**SOURCE DATA**

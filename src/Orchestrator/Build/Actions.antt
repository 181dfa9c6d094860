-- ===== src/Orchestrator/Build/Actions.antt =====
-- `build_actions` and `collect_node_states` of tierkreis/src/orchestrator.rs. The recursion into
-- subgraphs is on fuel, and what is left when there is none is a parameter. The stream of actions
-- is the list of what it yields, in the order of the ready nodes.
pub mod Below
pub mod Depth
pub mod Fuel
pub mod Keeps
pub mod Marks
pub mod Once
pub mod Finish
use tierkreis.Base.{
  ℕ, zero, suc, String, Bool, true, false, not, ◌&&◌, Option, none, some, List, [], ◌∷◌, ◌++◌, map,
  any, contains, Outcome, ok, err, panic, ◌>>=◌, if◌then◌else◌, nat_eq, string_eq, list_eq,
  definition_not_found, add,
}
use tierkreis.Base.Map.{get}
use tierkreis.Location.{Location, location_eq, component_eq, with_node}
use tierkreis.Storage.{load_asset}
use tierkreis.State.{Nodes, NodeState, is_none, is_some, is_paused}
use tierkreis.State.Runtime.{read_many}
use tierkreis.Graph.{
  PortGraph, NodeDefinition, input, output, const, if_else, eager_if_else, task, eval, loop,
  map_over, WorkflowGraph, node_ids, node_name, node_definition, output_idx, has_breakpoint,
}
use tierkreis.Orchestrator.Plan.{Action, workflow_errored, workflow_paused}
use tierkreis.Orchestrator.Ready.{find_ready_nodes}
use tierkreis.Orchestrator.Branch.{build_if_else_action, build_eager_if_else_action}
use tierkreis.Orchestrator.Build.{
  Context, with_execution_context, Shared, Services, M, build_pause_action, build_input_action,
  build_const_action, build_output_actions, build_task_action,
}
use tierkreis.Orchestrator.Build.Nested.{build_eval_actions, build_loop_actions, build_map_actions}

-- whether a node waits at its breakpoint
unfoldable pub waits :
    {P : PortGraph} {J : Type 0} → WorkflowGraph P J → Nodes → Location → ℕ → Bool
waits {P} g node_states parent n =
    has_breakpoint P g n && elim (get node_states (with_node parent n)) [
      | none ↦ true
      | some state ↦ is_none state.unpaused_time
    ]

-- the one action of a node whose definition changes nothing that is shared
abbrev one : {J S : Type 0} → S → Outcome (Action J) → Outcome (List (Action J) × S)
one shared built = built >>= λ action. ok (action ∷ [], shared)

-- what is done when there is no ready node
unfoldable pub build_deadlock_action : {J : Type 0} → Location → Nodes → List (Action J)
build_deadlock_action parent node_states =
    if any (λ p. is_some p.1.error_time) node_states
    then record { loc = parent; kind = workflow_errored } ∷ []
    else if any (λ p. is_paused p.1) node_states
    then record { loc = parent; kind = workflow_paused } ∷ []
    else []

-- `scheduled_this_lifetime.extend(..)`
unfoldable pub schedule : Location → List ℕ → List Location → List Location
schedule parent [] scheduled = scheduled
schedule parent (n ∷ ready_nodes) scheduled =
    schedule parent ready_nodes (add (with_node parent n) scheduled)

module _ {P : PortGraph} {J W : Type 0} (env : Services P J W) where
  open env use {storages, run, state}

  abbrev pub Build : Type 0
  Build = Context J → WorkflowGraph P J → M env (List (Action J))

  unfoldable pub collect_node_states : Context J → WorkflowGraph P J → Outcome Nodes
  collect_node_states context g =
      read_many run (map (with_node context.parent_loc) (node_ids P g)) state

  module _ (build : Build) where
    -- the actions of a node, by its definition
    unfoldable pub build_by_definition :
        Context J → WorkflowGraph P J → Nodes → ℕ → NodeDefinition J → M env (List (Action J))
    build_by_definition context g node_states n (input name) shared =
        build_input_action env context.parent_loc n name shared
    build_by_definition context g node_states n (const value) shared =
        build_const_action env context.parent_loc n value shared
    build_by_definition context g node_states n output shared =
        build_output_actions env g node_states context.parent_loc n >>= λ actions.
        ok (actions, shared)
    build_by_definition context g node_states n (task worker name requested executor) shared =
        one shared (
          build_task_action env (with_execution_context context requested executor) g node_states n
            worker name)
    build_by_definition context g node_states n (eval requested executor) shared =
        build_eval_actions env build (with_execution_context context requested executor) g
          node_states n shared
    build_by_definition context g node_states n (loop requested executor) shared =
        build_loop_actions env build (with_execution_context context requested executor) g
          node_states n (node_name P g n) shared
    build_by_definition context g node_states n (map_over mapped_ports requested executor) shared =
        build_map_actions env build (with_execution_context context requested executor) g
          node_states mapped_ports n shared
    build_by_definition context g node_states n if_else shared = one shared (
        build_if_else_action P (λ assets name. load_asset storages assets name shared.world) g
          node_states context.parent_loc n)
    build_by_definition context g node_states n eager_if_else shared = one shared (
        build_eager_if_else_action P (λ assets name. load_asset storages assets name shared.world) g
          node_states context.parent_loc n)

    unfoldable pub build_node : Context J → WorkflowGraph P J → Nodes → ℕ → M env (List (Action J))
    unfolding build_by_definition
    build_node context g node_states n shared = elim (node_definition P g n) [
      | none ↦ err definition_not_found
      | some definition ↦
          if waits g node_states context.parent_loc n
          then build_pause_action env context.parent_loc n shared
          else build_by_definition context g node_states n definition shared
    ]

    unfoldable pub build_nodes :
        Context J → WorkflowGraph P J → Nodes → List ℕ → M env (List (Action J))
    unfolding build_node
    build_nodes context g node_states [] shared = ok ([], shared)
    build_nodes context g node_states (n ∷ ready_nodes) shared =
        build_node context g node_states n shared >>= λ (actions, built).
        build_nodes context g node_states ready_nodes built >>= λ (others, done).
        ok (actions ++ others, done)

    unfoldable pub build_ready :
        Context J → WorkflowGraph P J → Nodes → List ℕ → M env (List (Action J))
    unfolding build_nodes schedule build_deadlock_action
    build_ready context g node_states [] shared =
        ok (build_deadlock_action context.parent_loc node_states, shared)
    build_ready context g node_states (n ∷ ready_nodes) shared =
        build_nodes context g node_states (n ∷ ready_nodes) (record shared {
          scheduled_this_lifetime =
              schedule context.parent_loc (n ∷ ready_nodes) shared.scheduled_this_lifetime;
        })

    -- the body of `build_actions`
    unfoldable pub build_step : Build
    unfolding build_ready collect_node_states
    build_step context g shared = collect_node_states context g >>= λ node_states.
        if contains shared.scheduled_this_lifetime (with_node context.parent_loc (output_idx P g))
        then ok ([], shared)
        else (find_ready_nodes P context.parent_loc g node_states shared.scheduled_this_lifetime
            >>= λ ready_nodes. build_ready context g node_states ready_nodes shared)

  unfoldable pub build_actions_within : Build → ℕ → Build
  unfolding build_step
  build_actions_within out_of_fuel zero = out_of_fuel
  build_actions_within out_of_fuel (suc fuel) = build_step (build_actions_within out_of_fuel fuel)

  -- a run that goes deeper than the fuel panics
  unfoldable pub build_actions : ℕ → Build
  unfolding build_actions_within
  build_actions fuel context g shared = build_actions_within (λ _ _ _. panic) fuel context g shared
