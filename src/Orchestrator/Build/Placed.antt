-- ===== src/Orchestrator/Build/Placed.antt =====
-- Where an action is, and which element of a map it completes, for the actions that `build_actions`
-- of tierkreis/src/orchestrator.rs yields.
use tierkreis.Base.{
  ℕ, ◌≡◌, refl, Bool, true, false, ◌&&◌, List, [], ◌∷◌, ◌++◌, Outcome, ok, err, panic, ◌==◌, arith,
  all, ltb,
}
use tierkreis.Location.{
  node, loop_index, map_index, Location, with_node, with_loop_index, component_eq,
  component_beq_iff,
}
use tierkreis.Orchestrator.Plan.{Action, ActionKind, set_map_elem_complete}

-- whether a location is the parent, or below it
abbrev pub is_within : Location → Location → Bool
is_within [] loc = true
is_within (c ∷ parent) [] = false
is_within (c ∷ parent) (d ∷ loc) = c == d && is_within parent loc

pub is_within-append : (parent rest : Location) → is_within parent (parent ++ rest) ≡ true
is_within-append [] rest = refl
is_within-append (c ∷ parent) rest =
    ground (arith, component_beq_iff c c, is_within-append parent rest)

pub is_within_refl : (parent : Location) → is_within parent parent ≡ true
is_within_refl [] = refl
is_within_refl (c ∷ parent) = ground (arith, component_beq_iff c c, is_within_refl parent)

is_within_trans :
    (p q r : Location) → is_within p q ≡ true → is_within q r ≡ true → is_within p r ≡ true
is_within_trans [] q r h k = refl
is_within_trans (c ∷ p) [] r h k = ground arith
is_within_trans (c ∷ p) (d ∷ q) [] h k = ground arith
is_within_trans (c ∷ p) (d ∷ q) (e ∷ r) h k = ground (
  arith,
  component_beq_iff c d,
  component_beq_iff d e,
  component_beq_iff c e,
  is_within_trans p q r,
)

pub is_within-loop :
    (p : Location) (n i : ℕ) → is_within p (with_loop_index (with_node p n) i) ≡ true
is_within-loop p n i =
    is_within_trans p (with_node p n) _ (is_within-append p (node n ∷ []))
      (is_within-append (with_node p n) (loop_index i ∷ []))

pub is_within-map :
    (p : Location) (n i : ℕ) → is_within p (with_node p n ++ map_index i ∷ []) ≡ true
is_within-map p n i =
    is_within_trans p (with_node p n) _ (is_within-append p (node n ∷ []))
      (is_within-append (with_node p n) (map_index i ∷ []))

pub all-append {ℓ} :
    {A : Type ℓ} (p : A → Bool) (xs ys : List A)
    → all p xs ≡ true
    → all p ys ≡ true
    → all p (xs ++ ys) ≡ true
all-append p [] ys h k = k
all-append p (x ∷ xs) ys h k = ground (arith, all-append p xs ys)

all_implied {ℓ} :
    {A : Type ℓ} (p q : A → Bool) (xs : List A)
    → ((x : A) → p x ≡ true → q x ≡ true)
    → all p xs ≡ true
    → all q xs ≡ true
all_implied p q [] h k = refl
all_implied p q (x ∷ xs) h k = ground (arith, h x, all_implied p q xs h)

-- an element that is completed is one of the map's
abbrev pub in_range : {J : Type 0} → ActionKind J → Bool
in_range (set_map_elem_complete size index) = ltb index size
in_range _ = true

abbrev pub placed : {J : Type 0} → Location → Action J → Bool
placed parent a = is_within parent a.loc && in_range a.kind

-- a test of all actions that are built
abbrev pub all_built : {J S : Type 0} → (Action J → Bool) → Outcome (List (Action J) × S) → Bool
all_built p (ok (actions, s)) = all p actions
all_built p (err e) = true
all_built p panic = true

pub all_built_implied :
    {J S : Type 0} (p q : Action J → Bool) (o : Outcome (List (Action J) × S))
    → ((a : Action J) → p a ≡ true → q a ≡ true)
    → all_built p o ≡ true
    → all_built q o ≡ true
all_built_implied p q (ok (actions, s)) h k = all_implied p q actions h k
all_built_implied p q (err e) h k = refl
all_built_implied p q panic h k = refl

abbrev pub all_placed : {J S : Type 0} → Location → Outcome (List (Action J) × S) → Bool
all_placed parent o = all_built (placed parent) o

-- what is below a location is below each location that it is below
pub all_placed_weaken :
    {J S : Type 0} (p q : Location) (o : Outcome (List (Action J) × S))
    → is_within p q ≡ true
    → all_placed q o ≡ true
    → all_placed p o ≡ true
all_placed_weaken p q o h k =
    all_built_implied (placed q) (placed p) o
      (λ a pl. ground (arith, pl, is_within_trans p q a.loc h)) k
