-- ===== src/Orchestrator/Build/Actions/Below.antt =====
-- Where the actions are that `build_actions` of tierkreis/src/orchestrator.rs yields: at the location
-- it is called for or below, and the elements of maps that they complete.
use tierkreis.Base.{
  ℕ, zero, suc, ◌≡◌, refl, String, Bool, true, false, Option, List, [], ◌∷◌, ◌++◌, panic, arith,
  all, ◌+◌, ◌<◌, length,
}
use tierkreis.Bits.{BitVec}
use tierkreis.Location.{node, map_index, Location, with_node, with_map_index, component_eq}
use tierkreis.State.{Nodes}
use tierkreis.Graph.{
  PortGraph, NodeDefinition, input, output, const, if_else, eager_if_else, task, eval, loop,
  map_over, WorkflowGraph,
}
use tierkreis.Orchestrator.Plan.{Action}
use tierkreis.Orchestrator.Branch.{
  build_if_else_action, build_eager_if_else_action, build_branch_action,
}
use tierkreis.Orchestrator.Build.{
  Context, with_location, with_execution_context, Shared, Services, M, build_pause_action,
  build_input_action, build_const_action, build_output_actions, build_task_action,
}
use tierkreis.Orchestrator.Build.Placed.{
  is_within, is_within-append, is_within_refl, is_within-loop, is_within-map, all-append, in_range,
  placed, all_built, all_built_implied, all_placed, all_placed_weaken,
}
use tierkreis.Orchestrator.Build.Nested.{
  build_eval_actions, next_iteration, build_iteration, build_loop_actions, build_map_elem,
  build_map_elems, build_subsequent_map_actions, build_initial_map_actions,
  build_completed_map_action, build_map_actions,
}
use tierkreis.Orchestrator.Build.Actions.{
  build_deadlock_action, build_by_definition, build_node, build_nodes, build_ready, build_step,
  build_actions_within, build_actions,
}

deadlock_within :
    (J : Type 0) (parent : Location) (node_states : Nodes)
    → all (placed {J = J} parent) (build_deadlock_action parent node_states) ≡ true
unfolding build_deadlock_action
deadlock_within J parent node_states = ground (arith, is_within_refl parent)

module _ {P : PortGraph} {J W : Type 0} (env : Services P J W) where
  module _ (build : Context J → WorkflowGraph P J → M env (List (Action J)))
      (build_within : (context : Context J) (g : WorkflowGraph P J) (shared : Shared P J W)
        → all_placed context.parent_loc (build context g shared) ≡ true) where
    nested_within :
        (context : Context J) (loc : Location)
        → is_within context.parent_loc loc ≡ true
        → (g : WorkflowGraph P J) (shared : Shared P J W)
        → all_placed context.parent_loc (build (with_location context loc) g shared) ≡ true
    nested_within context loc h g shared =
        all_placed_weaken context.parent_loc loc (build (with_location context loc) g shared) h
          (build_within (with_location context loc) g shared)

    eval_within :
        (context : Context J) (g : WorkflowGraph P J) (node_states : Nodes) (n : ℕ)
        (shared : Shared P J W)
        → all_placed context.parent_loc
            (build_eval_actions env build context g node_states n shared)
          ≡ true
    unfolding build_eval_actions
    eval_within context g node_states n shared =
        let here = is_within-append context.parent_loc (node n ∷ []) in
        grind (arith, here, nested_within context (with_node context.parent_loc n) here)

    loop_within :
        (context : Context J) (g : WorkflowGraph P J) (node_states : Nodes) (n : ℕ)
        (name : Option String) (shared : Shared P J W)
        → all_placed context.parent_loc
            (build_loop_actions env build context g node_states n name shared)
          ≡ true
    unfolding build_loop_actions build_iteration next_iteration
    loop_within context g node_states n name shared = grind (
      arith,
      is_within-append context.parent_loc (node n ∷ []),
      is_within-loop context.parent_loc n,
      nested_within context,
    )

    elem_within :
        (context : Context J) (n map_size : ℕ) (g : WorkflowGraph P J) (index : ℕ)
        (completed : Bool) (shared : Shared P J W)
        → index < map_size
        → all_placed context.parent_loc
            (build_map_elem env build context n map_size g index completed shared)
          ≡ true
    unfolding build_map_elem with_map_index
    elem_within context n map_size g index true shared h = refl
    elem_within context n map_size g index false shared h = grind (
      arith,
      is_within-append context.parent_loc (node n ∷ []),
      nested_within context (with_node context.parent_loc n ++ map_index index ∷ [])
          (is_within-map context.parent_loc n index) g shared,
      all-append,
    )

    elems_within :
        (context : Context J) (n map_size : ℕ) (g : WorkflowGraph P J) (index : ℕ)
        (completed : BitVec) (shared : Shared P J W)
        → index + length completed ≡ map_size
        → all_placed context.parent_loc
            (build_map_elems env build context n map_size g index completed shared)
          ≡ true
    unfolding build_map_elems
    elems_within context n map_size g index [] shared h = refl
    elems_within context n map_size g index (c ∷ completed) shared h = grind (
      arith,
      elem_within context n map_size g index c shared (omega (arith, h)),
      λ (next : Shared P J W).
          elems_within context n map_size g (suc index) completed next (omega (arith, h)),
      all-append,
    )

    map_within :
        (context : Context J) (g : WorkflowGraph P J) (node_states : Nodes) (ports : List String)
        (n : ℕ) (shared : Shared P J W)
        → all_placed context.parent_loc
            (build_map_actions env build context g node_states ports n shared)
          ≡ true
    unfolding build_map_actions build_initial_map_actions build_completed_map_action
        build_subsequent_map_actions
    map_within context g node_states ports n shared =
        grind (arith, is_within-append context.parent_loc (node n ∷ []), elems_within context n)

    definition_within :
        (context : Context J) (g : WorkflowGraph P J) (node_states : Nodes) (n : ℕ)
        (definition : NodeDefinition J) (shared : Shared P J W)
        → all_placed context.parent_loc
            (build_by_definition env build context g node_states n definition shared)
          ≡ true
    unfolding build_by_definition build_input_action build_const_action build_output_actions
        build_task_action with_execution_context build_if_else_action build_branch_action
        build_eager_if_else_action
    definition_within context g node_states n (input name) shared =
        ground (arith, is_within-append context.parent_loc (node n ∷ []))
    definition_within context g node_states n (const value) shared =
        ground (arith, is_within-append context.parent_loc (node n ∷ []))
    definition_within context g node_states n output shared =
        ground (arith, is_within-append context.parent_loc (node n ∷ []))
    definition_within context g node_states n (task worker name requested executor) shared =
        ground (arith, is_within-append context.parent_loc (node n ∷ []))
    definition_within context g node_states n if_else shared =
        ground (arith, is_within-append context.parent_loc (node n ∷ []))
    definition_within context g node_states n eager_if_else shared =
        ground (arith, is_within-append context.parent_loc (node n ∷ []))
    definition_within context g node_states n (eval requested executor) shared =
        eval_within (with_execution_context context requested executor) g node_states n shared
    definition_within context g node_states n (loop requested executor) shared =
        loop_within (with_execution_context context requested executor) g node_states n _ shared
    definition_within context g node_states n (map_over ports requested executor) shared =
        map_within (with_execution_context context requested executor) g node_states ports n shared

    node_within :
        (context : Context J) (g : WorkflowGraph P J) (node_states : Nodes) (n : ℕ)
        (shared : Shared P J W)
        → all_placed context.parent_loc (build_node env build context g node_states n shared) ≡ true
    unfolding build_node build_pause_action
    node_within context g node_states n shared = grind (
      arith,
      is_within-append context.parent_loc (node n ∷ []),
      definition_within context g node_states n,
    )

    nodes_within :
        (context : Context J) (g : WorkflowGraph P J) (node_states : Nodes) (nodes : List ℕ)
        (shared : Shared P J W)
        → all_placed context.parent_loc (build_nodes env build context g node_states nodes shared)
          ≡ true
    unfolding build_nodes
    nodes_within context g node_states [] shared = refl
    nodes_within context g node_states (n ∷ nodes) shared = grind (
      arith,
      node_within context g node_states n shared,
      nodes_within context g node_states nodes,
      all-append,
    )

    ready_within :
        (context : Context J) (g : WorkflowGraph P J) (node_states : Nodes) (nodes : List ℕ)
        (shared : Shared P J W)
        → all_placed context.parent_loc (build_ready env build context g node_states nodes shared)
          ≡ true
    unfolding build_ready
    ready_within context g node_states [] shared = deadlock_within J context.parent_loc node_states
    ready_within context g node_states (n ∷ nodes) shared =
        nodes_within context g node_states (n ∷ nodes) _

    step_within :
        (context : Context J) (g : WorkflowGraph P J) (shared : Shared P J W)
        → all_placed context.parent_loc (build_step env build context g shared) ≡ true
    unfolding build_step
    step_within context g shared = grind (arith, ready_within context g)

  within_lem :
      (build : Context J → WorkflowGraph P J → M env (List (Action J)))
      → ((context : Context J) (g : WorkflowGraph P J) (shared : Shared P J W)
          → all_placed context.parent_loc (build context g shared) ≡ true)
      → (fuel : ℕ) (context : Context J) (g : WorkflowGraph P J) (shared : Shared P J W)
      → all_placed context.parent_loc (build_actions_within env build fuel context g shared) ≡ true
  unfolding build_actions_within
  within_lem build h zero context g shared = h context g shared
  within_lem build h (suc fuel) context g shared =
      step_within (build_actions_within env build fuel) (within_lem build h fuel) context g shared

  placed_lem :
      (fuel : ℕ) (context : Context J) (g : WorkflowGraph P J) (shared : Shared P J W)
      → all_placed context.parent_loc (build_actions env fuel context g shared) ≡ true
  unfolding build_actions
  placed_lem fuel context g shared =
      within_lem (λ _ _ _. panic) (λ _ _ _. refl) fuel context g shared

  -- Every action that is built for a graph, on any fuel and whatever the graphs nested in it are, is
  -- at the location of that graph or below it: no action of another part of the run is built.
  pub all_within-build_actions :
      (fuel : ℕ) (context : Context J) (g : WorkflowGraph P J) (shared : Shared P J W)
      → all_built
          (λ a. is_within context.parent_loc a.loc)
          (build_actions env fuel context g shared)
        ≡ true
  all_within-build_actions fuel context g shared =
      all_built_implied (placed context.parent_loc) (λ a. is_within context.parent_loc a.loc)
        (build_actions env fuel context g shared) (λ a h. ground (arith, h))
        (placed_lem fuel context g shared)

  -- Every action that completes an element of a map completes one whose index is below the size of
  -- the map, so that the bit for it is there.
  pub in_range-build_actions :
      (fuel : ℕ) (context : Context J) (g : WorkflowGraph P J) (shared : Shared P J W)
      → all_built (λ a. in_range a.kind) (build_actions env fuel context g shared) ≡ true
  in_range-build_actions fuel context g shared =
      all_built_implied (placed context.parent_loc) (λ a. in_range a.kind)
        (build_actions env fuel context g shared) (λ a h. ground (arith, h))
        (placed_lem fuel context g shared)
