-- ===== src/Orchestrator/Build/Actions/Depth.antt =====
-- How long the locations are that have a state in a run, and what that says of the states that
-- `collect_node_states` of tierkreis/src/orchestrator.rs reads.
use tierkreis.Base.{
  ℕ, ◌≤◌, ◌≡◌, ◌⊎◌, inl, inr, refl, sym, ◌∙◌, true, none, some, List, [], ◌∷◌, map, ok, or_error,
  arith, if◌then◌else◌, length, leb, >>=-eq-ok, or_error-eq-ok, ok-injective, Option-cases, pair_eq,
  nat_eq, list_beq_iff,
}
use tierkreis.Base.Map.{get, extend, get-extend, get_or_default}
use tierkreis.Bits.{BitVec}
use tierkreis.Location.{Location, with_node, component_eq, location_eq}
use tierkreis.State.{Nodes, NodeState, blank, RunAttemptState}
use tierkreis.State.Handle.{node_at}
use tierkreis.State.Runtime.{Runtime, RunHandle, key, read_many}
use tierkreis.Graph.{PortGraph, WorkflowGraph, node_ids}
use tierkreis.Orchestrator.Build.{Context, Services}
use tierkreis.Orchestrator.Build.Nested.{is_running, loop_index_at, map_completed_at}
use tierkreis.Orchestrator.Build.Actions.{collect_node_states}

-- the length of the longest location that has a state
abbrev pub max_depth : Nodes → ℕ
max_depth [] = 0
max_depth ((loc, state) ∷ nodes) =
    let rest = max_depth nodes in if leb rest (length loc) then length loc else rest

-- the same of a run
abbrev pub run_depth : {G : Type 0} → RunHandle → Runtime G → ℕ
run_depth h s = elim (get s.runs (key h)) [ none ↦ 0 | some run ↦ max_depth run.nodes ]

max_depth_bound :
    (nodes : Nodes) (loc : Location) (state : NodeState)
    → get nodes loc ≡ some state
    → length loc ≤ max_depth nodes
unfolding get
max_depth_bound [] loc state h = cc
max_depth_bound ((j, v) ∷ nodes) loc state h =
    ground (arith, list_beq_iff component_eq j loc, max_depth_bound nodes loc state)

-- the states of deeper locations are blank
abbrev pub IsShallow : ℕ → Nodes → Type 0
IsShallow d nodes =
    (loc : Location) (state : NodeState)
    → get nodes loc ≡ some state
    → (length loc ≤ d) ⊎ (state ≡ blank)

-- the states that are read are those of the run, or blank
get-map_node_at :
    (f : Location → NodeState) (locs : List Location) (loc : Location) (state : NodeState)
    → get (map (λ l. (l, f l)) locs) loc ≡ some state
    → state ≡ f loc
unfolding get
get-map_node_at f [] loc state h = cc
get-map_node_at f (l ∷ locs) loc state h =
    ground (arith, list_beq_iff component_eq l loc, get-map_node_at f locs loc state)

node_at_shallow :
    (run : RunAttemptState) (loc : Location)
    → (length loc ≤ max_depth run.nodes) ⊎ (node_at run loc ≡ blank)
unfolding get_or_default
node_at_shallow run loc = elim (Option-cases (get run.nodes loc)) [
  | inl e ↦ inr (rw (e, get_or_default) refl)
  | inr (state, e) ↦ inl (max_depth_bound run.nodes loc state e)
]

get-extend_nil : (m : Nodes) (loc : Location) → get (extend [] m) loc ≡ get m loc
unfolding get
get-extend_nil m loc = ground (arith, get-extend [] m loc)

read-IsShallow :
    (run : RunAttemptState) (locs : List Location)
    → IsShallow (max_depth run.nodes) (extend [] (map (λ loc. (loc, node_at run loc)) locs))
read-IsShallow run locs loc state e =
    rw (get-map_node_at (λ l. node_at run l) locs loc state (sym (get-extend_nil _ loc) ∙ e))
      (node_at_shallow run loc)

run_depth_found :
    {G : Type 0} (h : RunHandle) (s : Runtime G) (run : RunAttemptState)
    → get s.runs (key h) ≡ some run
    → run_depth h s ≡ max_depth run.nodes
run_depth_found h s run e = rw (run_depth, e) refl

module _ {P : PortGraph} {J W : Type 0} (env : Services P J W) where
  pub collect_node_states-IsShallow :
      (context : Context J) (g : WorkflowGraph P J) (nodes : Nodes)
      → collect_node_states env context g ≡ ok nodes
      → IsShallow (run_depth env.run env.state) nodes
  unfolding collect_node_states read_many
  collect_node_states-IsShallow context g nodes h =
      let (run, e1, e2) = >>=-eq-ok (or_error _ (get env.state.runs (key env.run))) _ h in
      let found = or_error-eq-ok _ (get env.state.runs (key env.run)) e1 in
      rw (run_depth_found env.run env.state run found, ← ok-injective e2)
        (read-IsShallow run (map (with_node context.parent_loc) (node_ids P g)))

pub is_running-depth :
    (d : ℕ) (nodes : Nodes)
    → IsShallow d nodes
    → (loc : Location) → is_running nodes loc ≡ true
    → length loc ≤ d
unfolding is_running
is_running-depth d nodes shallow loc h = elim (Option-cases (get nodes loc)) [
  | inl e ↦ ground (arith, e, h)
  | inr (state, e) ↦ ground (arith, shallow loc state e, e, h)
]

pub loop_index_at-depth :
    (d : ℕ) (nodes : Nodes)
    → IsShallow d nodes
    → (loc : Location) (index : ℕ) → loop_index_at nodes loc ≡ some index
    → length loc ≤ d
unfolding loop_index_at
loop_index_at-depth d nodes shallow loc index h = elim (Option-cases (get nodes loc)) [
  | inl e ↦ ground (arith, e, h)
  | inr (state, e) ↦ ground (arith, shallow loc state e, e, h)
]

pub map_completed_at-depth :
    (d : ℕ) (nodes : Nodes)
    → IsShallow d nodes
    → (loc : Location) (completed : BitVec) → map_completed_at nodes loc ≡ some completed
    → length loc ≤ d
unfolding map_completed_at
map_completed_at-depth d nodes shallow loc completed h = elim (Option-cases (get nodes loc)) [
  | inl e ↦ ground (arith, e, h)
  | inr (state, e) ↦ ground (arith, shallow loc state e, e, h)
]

**WORK TO BE COMPLETED**
Could you copy each line from the listing that has the word "waits" in it?

**EXERCISE SOLUTION**
-- whether a node waits at its breakpoint
unfoldable pub waits :
waits {P} g node_states parent n =
          if waits g node_states context.parent_loc n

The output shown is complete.